Because using asymmetric encryption is very time-consuming, if the entire certificate content is encrypted to generate a signature, the client also needs to decrypt the signature to verify the signature. The certificate plaintext is long, so client verification takes a long time. If a summary is used, the long plaintext will be compressed into a much smaller fixed-length string, and client verification will be much faster.

2. After the client gets the certificate, it also uses the same digest algorithm to calculate the digest of the certificate plaintext. A comparison of the two can reveal whether the message has been tampered with. Why use the private key of a third-party authority (Certificate Authority, CA for short) to encrypt the digest? Because the digest algorithm is public, the middleman can replace the certificate plaintext, and then calculate the digest based on the digest algorithm on the certificate and replace the digest on the certificate! In this way, after the client gets the certificate and calculates the digest, it finds that it is the same, and mistakenly thinks that the certificate is legal and falls into the trap. Therefore, the CA's private key must be used to encrypt the digest and generate a signature. In this way, the client must use the CA's public key to decrypt the signature, and the digest obtained is a legal summary that has not been tampered with (private key signature, public key can decrypt)
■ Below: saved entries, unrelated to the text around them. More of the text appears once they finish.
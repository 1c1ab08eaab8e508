-- ===== src/Compat/Service/Handles.antt =====
-- crust/src/compat/service.rs: the drop notices that the state holds, and the tasks that they stop.
pub mod Kept
use crust_futures.Base.{
  ℕ, suc, ◌≡◌, ◌≢◌, ◌⊎◌, ◌<◌, ◌≤◌, refl, sym, ap, ◌∙◌, subst, List, [], ◌∷◌, ◌++◌, Option, none,
  some, Bool, true, false, Result, ok, err, Memᴰ, if◌then◌else◌, Bool-cases, ◌==◌, inl, inr, arith,
}
use crust_futures.Addr.{SocketAddr, CrustUser, Uid}
use crust_futures.Net.{IoError}
use crust_futures.Compat.Map
use crust_futures.Compat.Service
use crust_futures.Compat.Service.{ServiceState, Job, Task}
use crust_futures.Compat.Service.Runs
use crust_futures.Compat.Service.Runs.{Command, Step, Run}

module _ {U : Type 0} where
  -- What is held for a task `n` of a job: its notice, for the jobs that have one.
  unfoldable pub IsHeld : Option ℕ → Option ℕ → Option ℕ → Job U → ℕ → Type 0
  IsHeld a b l Service.accepting n = a ≡ some n
  IsHeld a b l (Service.bootstrapping blacklist discover user) n = b ≡ some n
  IsHeld a b l Service.starting n = l ≡ some n
  IsHeld a b l (Service.listening port) n = l ≡ some n
  IsHeld a b l (Service.preparing token) n = Unit
  IsHeld a b l (Service.connecting uid) n = Unit

  -- The tasks in the order of their numbers, the newest first, each below a bound and either told to
  -- stop or with its notice held.
  unfoldable pub AreHeld : Option ℕ → Option ℕ → Option ℕ → ℕ → List (Task U) → Type 0
  unfolding IsHeld
  AreHeld a b l k [] = Unit
  AreHeld a b l k (t ∷ ts) =
      (t.id < k) × ((t.notified ≡ true) ⊎ IsHeld a b l t.job t.id) × AreHeld a b l t.id ts

  raise :
      (a b l : Option ℕ) (k m : ℕ) (ts : List (Task U))
      → k ≤ m
      → AreHeld a b l k ts
      → AreHeld a b l m ts
  unfolding AreHeld
  raise a b l k m [] le h = tt
  raise a b l k m (t ∷ ts) le h = (omega (arith, le, h.0), h.1, h.2)

  -- A notice goes: its task is told, and the others keep theirs.
  notify-AreHeld :
      (a b l a' b' l' : Option ℕ) (n k : ℕ) (ts : List (Task U))
      (keeps : (j : Job U) (m : ℕ) → m ≢ n → IsHeld a b l j m → IsHeld a' b' l' j m)
      → AreHeld a b l k ts
      → AreHeld a' b' l' k (Service.notify n ts)
  unfolding AreHeld Service.notify
  notify-AreHeld a b l a' b' l' n k [] keeps h = tt
  notify-AreHeld a b l a' b' l' n k (t ∷ ts) keeps h = elim (Bool-cases (t.id == n)) [
    | inl e ↦ rw e (h.0, inl refl, notify-AreHeld a b l a' b' l' n t.id ts keeps h.2)
    | inr e ↦
        let ne : t.id ≢ n = λ q. ground (arith, e, q) in
        let stays : (t.notified ≡ true) ⊎ IsHeld a' b' l' t.job t.id = elim h.1 [
          | inl told ↦ inl told
          | inr held ↦ inr (keeps t.job t.id ne held)
        ] in
        rw e (h.0, stays, notify-AreHeld a b l a' b' l' n t.id ts keeps h.2)
  ]

  pub rehold :
      (a b l a' b' l' : Option ℕ) (k : ℕ) (ts : List (Task U))
      (keeps : (j : Job U) (m : ℕ) → IsHeld a b l j m → IsHeld a' b' l' j m)
      → AreHeld a b l k ts
      → AreHeld a' b' l' k ts
  unfolding AreHeld
  rehold a b l a' b' l' k [] keeps h = tt
  rehold a b l a' b' l' k (t ∷ ts) keeps h = (
    h.0,
    elim h.1 [ inl told ↦ inl told | inr held ↦ inr (keeps t.job t.id held) ],
    rehold a b l a' b' l' t.id ts keeps h.2,
  )

  pub end_task-AreHeld :
      (a b l : Option ℕ) (n k : ℕ) (ts : List (Task U))
      → AreHeld a b l k ts
      → AreHeld a b l k (Service.end_task n ts)
  unfolding AreHeld Service.end_task
  end_task-AreHeld a b l n k [] h = tt
  end_task-AreHeld a b l n k (t ∷ ts) h = elim (Bool-cases (t.id == n)) [
    | inl e ↦ rw e (
        raise a b l t.id k (Service.end_task n ts) (omega (arith, h.0))
          (end_task-AreHeld a b l n t.id ts h.2))
    | inr e ↦ rw e (h.0, h.1, end_task-AreHeld a b l n t.id ts h.2)
  ]

  -- No task from the bound on is there, so its job is not set.
  set_job_above :
      (a b l : Option ℕ) (n k : ℕ) (job : Job U) (ts : List (Task U))
      → AreHeld a b l k ts
      → k ≤ n
      → Service.set_job n job ts ≡ ts
  unfolding AreHeld Service.set_job
  set_job_above a b l n k job [] h le = refl
  set_job_above a b l n k job (t ∷ ts) h le =
      let e : (t.id == n) ≡ false = ground (arith, h.0, le) in
      rw e (ap (λ us. t ∷ us) (set_job_above a b l n t.id job ts h.2 (omega (arith, h.0, le))))

  below :
      (a b l : Option ℕ) (k : ℕ) (ts : List (Task U)) (t : Task U)
      → AreHeld a b l k ts
      → Memᴰ t ts
      → t.id < k
  unfolding AreHeld
  below a b l k [] t h m = elim m [ ]
  below a b l k (u ∷ us) t h (Memᴰ.head e) = subst (λ v. v.id < k) (sym e) h.0
  below a b l k (u ∷ us) t h (Memᴰ.tail m) =
      let lt = below a b l u.id us t h.2 m in omega (arith, lt, h.0)

  pub listen-AreHeld :
      (a b l : Option ℕ) (port k : ℕ) (ts : List (Task U)) (t : Task U)
      → Memᴰ t ts
      → t.job ≡ Service.starting
      → AreHeld a b l k ts
      → AreHeld a b l k (Service.set_job t.id (Service.listening port) ts)
  unfolding AreHeld Service.set_job
  listen-AreHeld a b l port k [] t m j h = elim m [ ]
  listen-AreHeld a b l port k (u ∷ us) t (Memᴰ.head e) j h =
      let same : (u.id == t.id) ≡ true = ground (arith, ap (λ v. v.id) e) in
      let job : u.job ≡ Service.starting = ap (λ v. v.job) (sym e) ∙ j in
      let held : (u.notified ≡ true) ⊎ (l ≡ some u.id) = elim h.1 [
        | inl told ↦ inl told
        | inr q ↦ inr (subst (λ v. IsHeld a b l v u.id) job q)
      ] in
      let le : u.id ≤ t.id = ground (arith, ap (λ v. v.id) e) in
      rw (same, set_job_above a b l t.id u.id (Service.listening port) us h.2 le) (h.0, held, h.2)
  listen-AreHeld a b l port k (u ∷ us) t (Memᴰ.tail m) j h =
      let lt = below a b l u.id us t h.2 m in
      let other : (u.id == t.id) ≡ false = ground (arith, lt) in
      rw other (h.0, h.1, listen-AreHeld a b l port u.id us t m j h.2)

  pub release :
      (o a b l a' b' l' : Option ℕ) (k : ℕ) (ts : List (Task U))
      (keeps : (j : Job U) (m : ℕ) → o ≢ some m → IsHeld a b l j m → IsHeld a' b' l' j m)
      → AreHeld a b l k ts
      → AreHeld a' b' l' k (Service.drop_notify o ts)
  unfolding Service.drop_notify
  release none a b l a' b' l' k ts keeps h =
      rehold a b l a' b' l' k ts (λ j m q. keeps j m (λ e. cc) q) h
  release (some n) a b l a' b' l' k ts keeps h =
      notify-AreHeld a b l a' b' l' n k ts (λ j m ne q. keeps j m (λ e. ne (some_inj e)) q) h
    where
      some_inj : {m : ℕ} → some n ≡ some m → m ≡ n
      some_inj e = cc

  -- A task other than the one of a handle does not mind another handle.
  pub new_acceptor :
      (a a' b l : Option ℕ) (j : Job U) (m : ℕ) → a ≢ some m → IsHeld a b l j m → IsHeld a' b l j m
  unfolding IsHeld
  new_acceptor a a' b l Service.accepting m ne q = absurd (ne q)
  new_acceptor a a' b l (Service.bootstrapping blacklist discover user) m ne q = q
  new_acceptor a a' b l Service.starting m ne q = q
  new_acceptor a a' b l (Service.listening port) m ne q = q
  new_acceptor a a' b l (Service.preparing token) m ne q = tt
  new_acceptor a a' b l (Service.connecting uid) m ne q = tt

  pub new_connect :
      (a b b' l : Option ℕ) (j : Job U) (m : ℕ) → b ≢ some m → IsHeld a b l j m → IsHeld a b' l j m
  unfolding IsHeld
  new_connect a b b' l Service.accepting m ne q = q
  new_connect a b b' l (Service.bootstrapping blacklist discover user) m ne q = absurd (ne q)
  new_connect a b b' l Service.starting m ne q = q
  new_connect a b b' l (Service.listening port) m ne q = q
  new_connect a b b' l (Service.preparing token) m ne q = tt
  new_connect a b b' l (Service.connecting uid) m ne q = tt

  pub new_listener :
      (a b l l' : Option ℕ) (j : Job U) (m : ℕ) → l ≢ some m → IsHeld a b l j m → IsHeld a b l' j m
  unfolding IsHeld
  new_listener a b l l' Service.accepting m ne q = q
  new_listener a b l l' (Service.bootstrapping blacklist discover user) m ne q = q
  new_listener a b l l' Service.starting m ne q = absurd (ne q)
  new_listener a b l l' (Service.listening port) m ne q = absurd (ne q)
  new_listener a b l l' (Service.preparing token) m ne q = tt
  new_listener a b l l' (Service.connecting uid) m ne q = tt

-- Every task of the state is told to stop, or its notice is held where its job's is.
unfoldable pub HoldsHandles : {U B : Type 0} → ServiceState U B → Type 0
unfolding AreHeld
HoldsHandles s = AreHeld s.bootstrap_acceptor s.bootstrap_connect s.tcp_listener s.next_task s.tasks
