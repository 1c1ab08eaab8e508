-- ===== src/Compat/Service/Handles/Kept.antt =====
-- crust/src/compat/service.rs: what the event loop does keeps the drop notices with their tasks.
use crust_futures.Base.{
  ℕ, ◌≡◌, refl, sym, ap, ◌∙◌, subst, List, [], ◌∷◌, Option, none, some, Bool, true, false, Result,
  ok, err, Memᴰ, Bool-cases, inl, inr, arith,
}
use crust_futures.Addr.{SocketAddr, CrustUser, Uid}
use crust_futures.Net.{IoError}
use crust_futures.Compat.Map
use crust_futures.Compat.Service
use crust_futures.Compat.Service.{ServiceState, Job, Task}
use crust_futures.Compat.Service.Runs
use crust_futures.Compat.Service.Runs.{Command, Step, Run}
use crust_futures.Compat.Service.Handles.{
  IsHeld, AreHeld, HoldsHandles, rehold, end_task-AreHeld, listen-AreHeld, release, new_acceptor,
  new_connect, new_listener,
}

module _ {U B : Type 0} where
  accept_on-HoldsHandles :
      (o : Option ℕ) (s : ServiceState U B)
      → s.bootstrap_acceptor ≡ o
      → HoldsHandles s
      → HoldsHandles (Service.accept_on o s)
  unfolding HoldsHandles AreHeld IsHeld Service.accept_on Service.spawn
  accept_on-HoldsHandles (some n) s e h = h
  accept_on-HoldsHandles none s e h = (
    omega arith,
    inr refl,
    rehold s.bootstrap_acceptor s.bootstrap_connect s.tcp_listener (some s.next_task)
        s.bootstrap_connect s.tcp_listener s.next_task s.tasks
        (λ j m q.
          new_acceptor s.bootstrap_acceptor (some s.next_task) s.bootstrap_connect s.tcp_listener j
            m (λ e'. let z : none ≡ some m = sym e ∙ e' in cc) q)
        h,
  )

  listen_on-HoldsHandles :
      (o : Option ℕ) (s : ServiceState U B)
      → s.tcp_listener ≡ o
      → HoldsHandles s
      → HoldsHandles (Service.listen_on o s)
  unfolding HoldsHandles AreHeld IsHeld Service.listen_on Service.spawn
  listen_on-HoldsHandles (some n) s e h = h
  listen_on-HoldsHandles none s e h = (
    omega arith,
    inr refl,
    rehold s.bootstrap_acceptor s.bootstrap_connect s.tcp_listener s.bootstrap_acceptor
        s.bootstrap_connect (some s.next_task) s.next_task s.tasks
        (λ j m q.
          new_listener s.bootstrap_acceptor s.bootstrap_connect s.tcp_listener (some s.next_task) j
            m (λ e'. let z : none ≡ some m = sym e ∙ e' in cc) q)
        h,
  )

  ended :
      (n : ℕ) (s : ServiceState U B)
      → HoldsHandles s
      → HoldsHandles (record s { tasks = Service.end_task n s.tasks })
  unfolding HoldsHandles
  ended n s h =
      end_task-AreHeld s.bootstrap_acceptor s.bootstrap_connect s.tcp_listener n s.next_task s.tasks
        h

  listens-HoldsHandles :
      (t : Task U) (res : Result IoError ℕ) (s : ServiceState U B)
      → Memᴰ t s.tasks
      → t.job ≡ Service.starting
      → HoldsHandles s
      → HoldsHandles (Service.listener_started_step t.id res s)
  unfolding HoldsHandles Service.listener_started_step Service.send_event
  listens-HoldsHandles t (ok port) s m j h =
      listen-AreHeld s.bootstrap_acceptor s.bootstrap_connect s.tcp_listener port s.next_task
        s.tasks t m j h
  listens-HoldsHandles t (err e) s m j h = ended t.id s h

module _ {U B : Type 0} (uids : Uid U) where
  call-HoldsHandles :
      (c : Command U B) (s : ServiceState U B)
      → HoldsHandles s
      → HoldsHandles (Runs.call_box uids c s)
  unfolding HoldsHandles AreHeld IsHeld Runs.call_box Service.start_service_discovery
      Service.set_service_discovery_listen Service.set_accept_bootstrap Service.start_bootstrap
      Service.stop_bootstrap Service.start_listening_tcp Service.stop_tcp_listener
      Service.prepare_connection_info Service.connect Service.disconnect Service.send Service.spawn
  call-HoldsHandles Command.start_service_discovery s h = h
  call-HoldsHandles (Command.set_service_discovery_listen false started) s h = h
  call-HoldsHandles (Command.set_service_discovery_listen true (ok port)) s h = h
  call-HoldsHandles (Command.set_service_discovery_listen true (err e)) s h = h
  call-HoldsHandles (Command.set_accept_bootstrap true) s h =
      accept_on-HoldsHandles s.bootstrap_acceptor s refl h
  call-HoldsHandles (Command.set_accept_bootstrap false) s h =
      release s.bootstrap_acceptor s.bootstrap_acceptor s.bootstrap_connect s.tcp_listener none
        s.bootstrap_connect s.tcp_listener s.next_task s.tasks
        (new_acceptor s.bootstrap_acceptor none s.bootstrap_connect s.tcp_listener) h
  call-HoldsHandles (Command.start_bootstrap blacklist user) s h = (
    omega arith,
    inr refl,
    release s.bootstrap_connect s.bootstrap_acceptor s.bootstrap_connect s.tcp_listener
        s.bootstrap_acceptor (some s.next_task) s.tcp_listener s.next_task s.tasks
        (new_connect s.bootstrap_acceptor s.bootstrap_connect (some s.next_task) s.tcp_listener) h,
  )
  call-HoldsHandles Command.stop_bootstrap s h =
      release s.bootstrap_connect s.bootstrap_acceptor s.bootstrap_connect s.tcp_listener
        s.bootstrap_acceptor none s.tcp_listener s.next_task s.tasks
        (new_connect s.bootstrap_acceptor s.bootstrap_connect none s.tcp_listener) h
  call-HoldsHandles Command.start_listening_tcp s h = listen_on-HoldsHandles s.tcp_listener s refl h
  call-HoldsHandles Command.stop_tcp_listener s h =
      release s.tcp_listener s.bootstrap_acceptor s.bootstrap_connect s.tcp_listener
        s.bootstrap_acceptor s.bootstrap_connect none s.next_task s.tasks
        (new_listener s.bootstrap_acceptor s.bootstrap_connect s.tcp_listener none) h
  call-HoldsHandles (Command.prepare_connection_info token) s h = (omega arith, inr tt, h)
  call-HoldsHandles (Command.connect uid) s h = (omega arith, inr tt, h)
  call-HoldsHandles (Command.disconnect uid) s h = h
  call-HoldsHandles (Command.send accepts uid msg priority) s h = h

module _ {U B E : Type 0} (uids : Uid U) where
  accepted-HoldsHandles :
      (uid : U) (kind : CrustUser) (addr : Result E SocketAddr) (s : ServiceState U B)
      → HoldsHandles s
      → HoldsHandles (Service.accepted_step uids uid kind addr s)
  unfolding HoldsHandles Service.accepted_step Service.insert Service.send_event
  accepted-HoldsHandles uid kind (err e) s h = h
  accepted-HoldsHandles uid kind (ok addr) s h =
      elim (Bool-cases (Map.insert_peer uids uid kind addr s.cm).1) [
        | inl e ↦ rw e h
        | inr e ↦ rw e h
      ]

  bootstrapped-HoldsHandles :
      (n : ℕ) (res : Result E (U × CrustUser × Result E SocketAddr)) (s : ServiceState U B)
      → HoldsHandles s
      → HoldsHandles (Service.bootstrapped_step uids n res s)
  unfolding HoldsHandles Service.bootstrapped_step Service.insert Service.send_event
  bootstrapped-HoldsHandles n (err e) s h = ended n s h
  bootstrapped-HoldsHandles n (ok (uid, kind, err e)) s h = ended n s h
  bootstrapped-HoldsHandles n (ok (uid, kind, ok addr)) s h = ended n s h

  connected-HoldsHandles :
      (n : ℕ) (uid : U) (res : Result E (CrustUser × Result E SocketAddr)) (s : ServiceState U B)
      → HoldsHandles s
      → HoldsHandles (Service.connected_step uids n uid res s)
  unfolding HoldsHandles Service.connected_step Service.insert Service.send_event
  connected-HoldsHandles n uid (err e) s h = ended n s h
  connected-HoldsHandles n uid (ok (kind, err e)) s h = ended n s h
  connected-HoldsHandles n uid (ok (kind, ok addr)) s h = ended n s h

  Step-HoldsHandles : {s u : ServiceState U B} → Step E uids s u → HoldsHandles s → HoldsHandles u
  unfolding HoldsHandles Service.config_updated Service.prepared_step Service.drop
  Step-HoldsHandles {s} (Step.calls c) h = call-HoldsHandles uids c s h
  Step-HoldsHandles (Step.updates c) h = h
  Step-HoldsHandles {s} (Step.accepts r uid kind addr m j) h =
      accepted-HoldsHandles uid kind addr s h
  Step-HoldsHandles {s} (Step.bootstraps r blacklist discover user res m j) h =
      bootstrapped-HoldsHandles r.id res s h
  Step-HoldsHandles {s} (Step.listens r res m j) h = listens-HoldsHandles r res s m j h
  Step-HoldsHandles {s} (Step.prepares r token res m j) h = ended r.id s h
  Step-HoldsHandles {s} (Step.connects r uid res m j) h = connected-HoldsHandles r.id uid res s h
  Step-HoldsHandles {s} (Step.ends r m n) h = ended r.id s h
  Step-HoldsHandles (Step.receives r msg m) h = h
  Step-HoldsHandles (Step.finishes r m) h = h
  Step-HoldsHandles Step.drops h = h

  -- From the start of a service on, each task that accepts, bootstraps or listens is told to stop,
  -- or it is the one whose notice the state holds.
  pub Run-HoldsHandles : {s : ServiceState U B} → Run E uids (Service.new uids) s → HoldsHandles s
  unfolding HoldsHandles AreHeld Service.new
  Run-HoldsHandles Run.here = tt
  Run-HoldsHandles (Run.next r st) = Step-HoldsHandles st (Run-HoldsHandles r)

module _ {U : Type 0} where
  told :
      (a b l : Option ℕ) (k : ℕ) (ts : List (Task U)) (t : Task U)
      → AreHeld a b l k ts
      → Memᴰ t ts
      → (IsHeld a b l t.job t.id → t.notified ≡ true)
      → t.notified ≡ true
  unfolding AreHeld
  told a b l k [] t h m f = elim m [ ]
  told a b l k (u ∷ us) t h (Memᴰ.head e) f = elim h.1 [
    | inl q ↦ ap (λ v. v.notified) e ∙ q
    | inr q ↦ f (subst (λ v. IsHeld a b l v.job v.id) (sym e) q)
  ]
  told a b l k (u ∷ us) t h (Memᴰ.tail m) f = told a b l u.id us t h.2 m f

-- The jobs that a command means to stop.
unfoldable pub stops : {U B : Type 0} → Command U B → Job U → Bool
stops Command.stop_tcp_listener (Service.listening port) = true
stops Command.stop_tcp_listener Service.starting = true
stops Command.stop_bootstrap (Service.bootstrapping blacklist discover user) = true
stops (Command.set_accept_bootstrap false) Service.accepting = true
stops _ _ = false

module _ {U B : Type 0} (uids : Uid U) where
  -- Behind such a command no notice is held for such a job.
  unheld :
      (c : Command U B) (s : ServiceState U B) (j : Job U) (n : ℕ)
      → stops c j ≡ true
      → let s' = Runs.call_box uids c s in
        IsHeld s'.bootstrap_acceptor s'.bootstrap_connect s'.tcp_listener j n → true ≡ false
  unfolding stops IsHeld Runs.call_box Service.stop_tcp_listener Service.stop_bootstrap
      Service.set_accept_bootstrap
  unheld Command.stop_tcp_listener s (Service.listening port) n h q = cc
  unheld Command.stop_tcp_listener s Service.starting n h q = cc
  unheld Command.stop_bootstrap s (Service.bootstrapping blacklist discover user) n h q = cc
  unheld (Command.set_accept_bootstrap false) s Service.accepting n h q = cc
  unheld _ s _ n h q = sym h

module _ {U B E : Type 0} (uids : Uid U) where
  -- In a run from the start of a service, no longer listening, bootstrapping or accepting tells every
  -- task of that job to stop, the ones of listeners that are still starting among them.
  pub stop_tells :
      {s : ServiceState U B} (c : Command U B) (t : Task U)
      → Run E uids (Service.new uids) s
      → Memᴰ t (Runs.call_box uids c s).tasks
      → stops c t.job ≡ true
      → t.notified ≡ true
  unfolding HoldsHandles
  stop_tells {s} c t r m st =
      let s' = Runs.call_box uids c s in
      told s'.bootstrap_acceptor s'.bootstrap_connect s'.tcp_listener s'.next_task s'.tasks t
        (call-HoldsHandles uids c s (Run-HoldsHandles uids r)) m
        (λ q. let z = unheld uids c s t.job t.id st q in cc)
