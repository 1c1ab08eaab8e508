-- ===== src/Compat/Service/Updated.antt =====
-- crust/src/compat/service.rs: which peers a change of the settings leaves connected.
use crust_futures.Base.{
  ◌≡◌, ◌⊎◌, ◌↔◌, inl, inr, refl, sym, ap, ◌∙◌, List, Option, none, some, Bool, true, Memᴰ,
  of_Memᴰ-keep, Memᴰ-keep_of, contains, contains→Memᴰ, Memᴰ→contains,
}
use crust_futures.Addr.{IpAddr, IpAddr-discrete, CrustUser, node, client, Uid}
use crust_futures.Config.{ConfigSettings}
use crust_futures.Compat.Map
use crust_futures.Compat.Map.{PeerWrapper}
use crust_futures.Compat.Service
use crust_futures.Compat.Service.{ServiceState}

-- The list for the peers of a kind.
abbrev pub list_for : CrustUser → ConfigSettings → Option (List IpAddr)
list_for node c = c.whitelisted_node_ips
list_for client c = c.whitelisted_client_ips

-- Either no white list is set, or there is one for the kind of the peer and it has its address.
pub data MayStay (c : ConfigSettings) (w : PeerWrapper) : Type 0 where
  unrestricted : c.whitelisted_client_ips ≡ none → c.whitelisted_node_ips ≡ none → MayStay c w
  listed : (ips : List IpAddr) → list_for w.kind c ≡ some ips → Memᴰ w.addr.ip ips → MayStay c w

on_list :
    (o : Option (List IpAddr)) (ip : IpAddr)
    → contains IpAddr-discrete (Service.or_empty o) ip ≡ true
    → (ips : List IpAddr) × (o ≡ some ips) × Memᴰ ip ips
unfolding contains
on_list none ip h = cc
on_list (some ips) ip h = (ips, refl, contains→Memᴰ IpAddr-discrete ips ip h)

of_list :
    (o : Option (List IpAddr)) (ip : IpAddr) (ips : List IpAddr)
    → o ≡ some ips
    → Memᴰ ip ips
    → contains IpAddr-discrete (Service.or_empty o) ip ≡ true
of_list o ip ips e m =
    ap (λ o. contains IpAddr-discrete (Service.or_empty o) ip) e
    ∙ Memᴰ→contains IpAddr-discrete ips ip m

-- The test of the map's filter looks into the list for the peer's kind.
is_listed_lem :
    (c : ConfigSettings) (k : CrustUser) (w : PeerWrapper)
    → w.kind ≡ k
    → Map.is_listed
        (Service.or_empty c.whitelisted_client_ips)
        (Service.or_empty c.whitelisted_node_ips)
        w
      ≡ contains IpAddr-discrete (Service.or_empty (list_for k c)) w.addr.ip
unfolding Map.is_listed
is_listed_lem c node w e = rw e refl
is_listed_lem c client w e = rw e refl

module _ {U B : Type 0} (uids : Uid U) where
  filter-cases :
      (cs ns : Option (List IpAddr)) (cm : Map.State U B)
      → ((cs ≡ none) × (ns ≡ none) × (Service.filter_peers uids cs ns cm ≡ cm))
        ⊎ ((cs ≡ none → ns ≡ none → ⊥)
            × (Service.filter_peers uids cs ns cm
                ≡ Map.whitelist_filter uids (Service.or_empty cs) (Service.or_empty ns) cm))
  unfolding Service.filter_peers
  filter-cases none none cm = inl (refl, refl, refl)
  filter-cases none (some ips) cm = inr (λ a b. cc, refl)
  filter-cases (some ips) none cm = inr (λ a b. cc, refl)
  filter-cases (some ips) (some ips') cm = inr (λ a b. cc, refl)

  -- A change of the settings leaves just those peers in the map that were there and may stay: all
  -- of them if there is no white list, and else each peer whose address is on the list for its
  -- kind, which is set.
  pub config_updated_iff :
      (c : ConfigSettings) (s : ServiceState U B) (e : U × PeerWrapper)
      → Memᴰ e (Service.config_updated uids c s).cm.map ↔ (Memᴰ e s.cm.map × MayStay c e.1)
  unfolding Service.config_updated Map.whitelist_filter
  config_updated_iff c s (u, w) =
      let cs = c.whitelisted_client_ips in
      let ns = c.whitelisted_node_ips in
      let p : U × PeerWrapper → Bool =
        λ e. Map.is_listed (Service.or_empty cs) (Service.or_empty ns) e.1 in
      let tests = is_listed_lem c w.kind w refl in
      elim (filter-cases cs ns s.cm) [
        | inl (a, b, q) ↦ rw q (λ m. (m, unrestricted a b), λ h. h.0)
        | inr (some_list, q) ↦ rw q (
          λ m.
              let (there, h) = of_Memᴰ-keep p s.cm.map (u, w) m in
              let (ips, e, on) = on_list (list_for w.kind c) w.addr.ip (sym tests ∙ h) in
              (there, listed ips e on),
          λ (there, stay).
              Memᴰ-keep_of p s.cm.map (u, w) there
                (elim stay [
                  | unrestricted a b ↦ absurd (some_list a b)
                  | listed ips e on ↦ tests ∙ of_list (list_for w.kind c) w.addr.ip ips e on
                ]),
        )
      ]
After the server passes the certificate to the client, the client's signature verification process is as follows

In this case, since only the CA's public key can decrypt the signature, if the client receives a fake certificate, it cannot be decrypted using the CA's public key. If the client receives a real certificate but the content on the certificate has been tampered with and the digest comparison fails, the client will also determine that the certificate is illegal.

Careful people must have discovered the problem. How to securely transmit the CA public key to the client? If it is still transmitted from the server to the client, the risk of the public key being swapped cannot be solved. In fact, this public key exists on the CA certificate, and this certificate (also called the Root CA certificate) is trusted by the operating system and built into the operating system. It does not need to be transmitted. If you are using a Mac, you can open the keychain and check it out. You can see many built-in trusted certificates.

The server transmits the certificate issued by the CA. After receiving the certificate, the client uses the public key in the built-in CA certificate to decrypt the signature and verify the signature. This solves the risk of the public key being swapped during transmission.

Question 2: How to prevent certificates from being swapped

In fact, any site can apply for a certificate from a third-party authority, and middlemen are no exception.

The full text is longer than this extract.